The tour opened on 3 April 1979 in Liverpool at the Liverpool Empire, covering England and Scotland before moving through Sweden, Denmark, Germany, Netherlands and France. Every night was a sell-out.
With three acts, two encores and 17 costume changes, the show featured almost every song from Kate’s first two albums and was, to all intents and purposes, far more like a stage-play than a concert.
“I saw our show as not just people on stage playing the music, but as a complete experience. A lot of people would say ‘Pooah!’ but for me that’s what it was. Like a play.”– Kate Bush
The show began with Kate in a blue leotard, singing “Moving” with rippling lights around her. For “Egypt”, she emerged as a seductive Cleopatra. On “Strange Phenomena”, she was a magician in top hat and tails, dancing with a pair of spacemen. “Oh England My Lionheart” cast her as a World War II pilot and for “Wuthering Heights” she performed the same routine as the video, with dry ice fog adding to the haunting atmosphere.
Critical reception was overwhelmingly positive, hailing the tour’s progressive use of visual projections, audio and microphone technology, along with its narrative storyline which gave the performance a more immersive feel than you could expect from a traditional rock concert.
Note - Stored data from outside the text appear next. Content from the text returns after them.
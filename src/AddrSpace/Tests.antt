-- ===== src/AddrSpace/Tests.antt =====
-- The theorems on core/mmap/mmap.cpp at a space of 16 pages, two of them mapped.
use native.Mathlib.Omega.{arith}
use lfi_runtime.Prelude.{◌≡◌, ◌/◌, [], ◌∷◌, false, pos, negsuc, Returns}
use lfi_runtime.RangeMap.{entry}
use lfi_runtime.AddrSpace.{
  AddrSpace, MapInfo, page_size, query_page, map_at, map_any, protect, unmap,
}
use lfi_runtime.AddrSpace.View.{IsSpace, page_info, query_page-page_info}
use lfi_runtime.AddrSpace.Change.{Unmapped, unmap-Unmapped, MappedAt, map_at-MappedAt}
use lfi_runtime.AddrSpace.Protect.{Protected, protect-Protected}
use lfi_runtime.AddrSpace.Any.{MappedAny, map_any-MappedAny}

abbrev data_info : MapInfo
data_info = record { prot = 3; flags = 34; fd = negsuc 0; offset = pos 0 }

abbrev small_space : AddrSpace
small_space = record {
  base = 16;
  len = 16;
  p2pagesize = 12;
  aslr = false;
  rand_state = 0;
  regions = entry 17 19 data_info ∷ [];
}

small_space-IsSpace : IsSpace small_space
small_space-IsSpace = record {
  ordered = (omega arith, omega arith, tt);
  inside = λ page info e. (ground arith, ground arith);
  fits = omega arith;
}

query_page-page_info_example :
    query_page small_space 70_000 ≡ page_info small_space (70_000 / page_size small_space)
query_page-page_info_example = query_page-page_info small_space 70_000 small_space-IsSpace

map_at-MappedAt_example :
    Returns (MappedAt small_space 73_728 8192 data_info) (map_at small_space 73_728 8192 data_info)
map_at-MappedAt_example = map_at-MappedAt small_space 73_728 8192 data_info small_space-IsSpace

map_any-MappedAny_example :
    Returns (MappedAny small_space 8192 data_info) (map_any small_space 0 8192 data_info)
map_any-MappedAny_example = map_any-MappedAny small_space 8192 data_info small_space-IsSpace

protect-Protected_example : Protected small_space 69_632 4096 1 (protect small_space 69_632 4096 1)
protect-Protected_example = protect-Protected small_space 69_632 4096 1 small_space-IsSpace

unmap-Unmapped_example : Unmapped small_space 73_728 8192 (unmap small_space 73_728 8192)
unmap-Unmapped_example = unmap-Unmapped small_space 73_728 8192 small_space-IsSpace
The tour closed back in London at the Hammersmith Odeon on 14 May 1979, where Kate dedicated a memorial concert to Bill Duffield featuring an altered set list with performances by Peter Gabriel and Steve Harley.
Kate never toured again.
"Touring is an incredibly isolated situation. I don't know how people tour for years on end. You find a lot of people who can't stop touring, and it's because they don't know how to come back into life. It's sort of unreal." – Kate Bush
If you still can’t quite picture the magic, you can actually watch a recording of the full concert on YouTube. Otherwise, the next best thing would be going to see the wonderful Mandy of Cloudbusting – a tribute group who regularly tour up and down the country.
No famous band or artist makes it to the top without leaving a few bitter gatekeepers in their wake. For The Beatles, it was drummer Pete Best, dismissed from the group in 1962, immediately prior to the Abbey Road recording session that brought the band to fame. American rock band Nirvana offer another cutting example, forcing guitarist Jason Everman out of the group after he had a fight with a drunk fan who jumped on stage during a show in 1989.
It’s a curse of fame, you could say, that no matter how much you might want to, it’s impossible to take everyone with you. And Kate Bush was no exception.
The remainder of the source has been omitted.